On 28 January 2012, a 62-year-old man was hospitalised after a sudden onset of fever with temperature up to 39°C in a local hospital near Frankfurt, Germany. The fever started after his return from a holiday trip to Kenya from 8 to 28 January. Upon arrival in Germany and admittance to a local hospital, the patient was suspected to have malaria and treatment with Atovaquon / Proguanil was administered for two consecutive days. The diagnosis was made on the basis of a thin smear, which was later re-evaluated after the patient’s transfer to the Infectious Diseases Department of Frankfurt University Hospital and no Plasmodium parasites were detected.

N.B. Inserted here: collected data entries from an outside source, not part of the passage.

-- ===== src/Golang/Ed25519.antt =====
-- `crypto/ed25519` as an interface: the functions on keys of the right size, with the laws that Go
-- documents, and the panics of Go's `Sign` and `Verify` on keys of the wrong size.
use sohocloud_protocol.Prelude.{
  ℕ, ◌≡◌, Bool, true, Option, none, some, List, ◌==◌, if◌then◌else◌, length,
}

abbrev pub public_key_size : ℕ
public_key_size = 32

abbrev pub private_key_size : ℕ
private_key_size = 64

abbrev pub signature_size : ℕ
signature_size = 64

pub record Ed25519 : Type 0 where
  pub public : List ℕ → List ℕ
  pub sign : List ℕ → List ℕ → List ℕ
  pub verify : List ℕ → List ℕ → List ℕ → Bool
  pub length-public : (key : List ℕ) → length (public key) ≡ 32
  pub length-sign : (key msg : List ℕ) → length (sign key msg) ≡ 64
  pub verify-sign : (key msg : List ℕ) → verify (public key) msg (sign key msg) ≡ true

-- A signature binds its message if the key accepts it for no other message.
abbrev pub Binds : Ed25519 → List ℕ → List ℕ → Type 0
Binds c key sig = (m m' : List ℕ) → c.verify key m sig ≡ true → c.verify key m' sig ≡ true → m ≡ m'

-- `ed25519.Sign`: `none` is the panic on a private key of the wrong size.
unfoldable pub sign : Ed25519 → List ℕ → List ℕ → Option (List ℕ)
sign c key msg = if length key == private_key_size then some (c.sign key msg) else none

-- `ed25519.Verify`: `none` is the panic on a public key of the wrong size.
unfoldable pub verify : Ed25519 → List ℕ → List ℕ → List ℕ → Option Bool
verify c key msg sig = if length key == public_key_size then some (c.verify key msg sig) else none
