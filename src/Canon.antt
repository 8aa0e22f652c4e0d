-- ===== src/Canon.antt =====
-- `canon/canon.go`: the buffer over which every signature of the protocol is computed, and the
-- panic-safe check of a signature. The `New`, `Count`, ... of the source are the functions `new`,
-- `count`, ... from buffer to buffer.
pub mod Codec
pub mod Wire
pub mod Append
pub mod Chain
pub mod Collisions
pub mod Count
pub mod Extends
pub mod Signature
use sohocloud_protocol.Prelude.{
  ℕ, Bool, false, ◌&&◌, Option, none, some, List, [], ◌∷◌, ◌++◌, length, ◌==◌, if◌then◌else◌,
}
use sohocloud_protocol.Prelude.Int.{ℤ, pos, min_int64, max_int64, to_u64}
use sohocloud_protocol.Golang.Binary.{put_uvarint, put_uint64}
use sohocloud_protocol.Golang.Time.{Time, utc, unix, unix_nano, before, after}
use sohocloud_protocol.Golang.Ed25519.{
  Ed25519, public_key_size, signature_size, verify as ed25519_verify,
}
use mathlib.Core.Bool.{not}

-- `ErrTimeOutOfRange`, the only error of the encoder.
pub data CanonError : Type 0 where
  time_out_of_range : CanonError

abbrev pub min_representable_unix_nano : Time
unfolding unix
min_representable_unix_nano = unix min_int64

abbrev pub max_representable_unix_nano : Time
unfolding unix
max_representable_unix_nano = unix max_int64

unfoldable pub valid_time : Time → Bool
unfolding utc unix before after
valid_time t =
    let u = utc t in
    not (before u min_representable_unix_nano) && not (after u max_representable_unix_nano)

pub record Buffer : Type 0 where
  pub b : List ℕ
  pub err : Option CanonError

append_bytes : Buffer → List ℕ → Buffer
append_bytes buf p = record buf { b = buf.b ++ p }

-- `uint64(n)` of an `int` that may be negative.
unfoldable pub count : Buffer → ℤ → Buffer
unfolding append_bytes
count buf n = append_bytes buf (put_uvarint (to_u64 n))

unfoldable pub string : Buffer → List ℕ → Buffer
unfolding count append_bytes
string buf s = let buf = count buf (pos (length s)) in append_bytes buf s

unfoldable pub bytes : Buffer → List ℕ → Buffer
unfolding count append_bytes
bytes buf p = let buf = count buf (pos (length p)) in append_bytes buf p

unfoldable pub bool : Buffer → Bool → Buffer
unfolding append_bytes
bool buf v = if v then append_bytes buf (1 ∷ []) else append_bytes buf (0 ∷ [])

unfoldable pub uint64 : Buffer → ℕ → Buffer
unfolding append_bytes
uint64 buf v = append_bytes buf (put_uint64 v)

unfoldable pub int64 : Buffer → ℤ → Buffer
unfolding uint64
int64 buf v = uint64 buf (to_u64 v)

-- The first error stays.
latch : Option CanonError → Option CanonError
latch none = some time_out_of_range
latch (some e) = some e

unfoldable pub time : Buffer → Time → Buffer
unfolding int64 latch
time buf t =
    if valid_time t then int64 buf (unix_nano (utc t)) else record buf { err = latch buf.err }

unfoldable pub new : List ℕ → Buffer
unfolding string
new domain_tag = string (record { b = []; err = none }) domain_tag

unfoldable pub err : Buffer → Option CanonError
err buf = buf.err

-- A copy of the bytes, which the error does not change.
unfoldable pub sum : Buffer → List ℕ
sum buf = buf.b

-- `&&` reads its right side only where the left one holds, so `ed25519.Verify` is not reached with
-- a key or a signature of the wrong size. `none` is a panic.
unfoldable pub verify_sig : Ed25519 → List ℕ → List ℕ → List ℕ → Option Bool
verify_sig c key msg sig =
    if length key == public_key_size
    then (if length sig == signature_size then ed25519_verify c key msg sig else some false)
    else some false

He had travelled by airplane directly from Frankfurt to Mombasa and back and spent all the time at a beach resort south of Mombasa except for a trip to the Masai Mara area from 18 to 19 January. For this trip, he flew from Mombasa to the Ol Kiombo airstrip, stayed at a camp in the area, and then went on safari excursions within a radius of approximately 50 km from the camp. He wore shorts and short sleeved shirts most of the time and used insect repellents.
Despite anti-malarial treatment, the patient was still febrile on 31 January and was transferred to the Infectious Diseases Department of Frankfurt University Hospital. By then, the clinical symptoms had become more severe, with strong frontal headaches, vertigo, nausea and arthralgia. Fever was still high at 39.1°C. He had two distinct, painless skin lesions over both tibiae (Figure 1), but no localised or disseminated lymph node enlargement.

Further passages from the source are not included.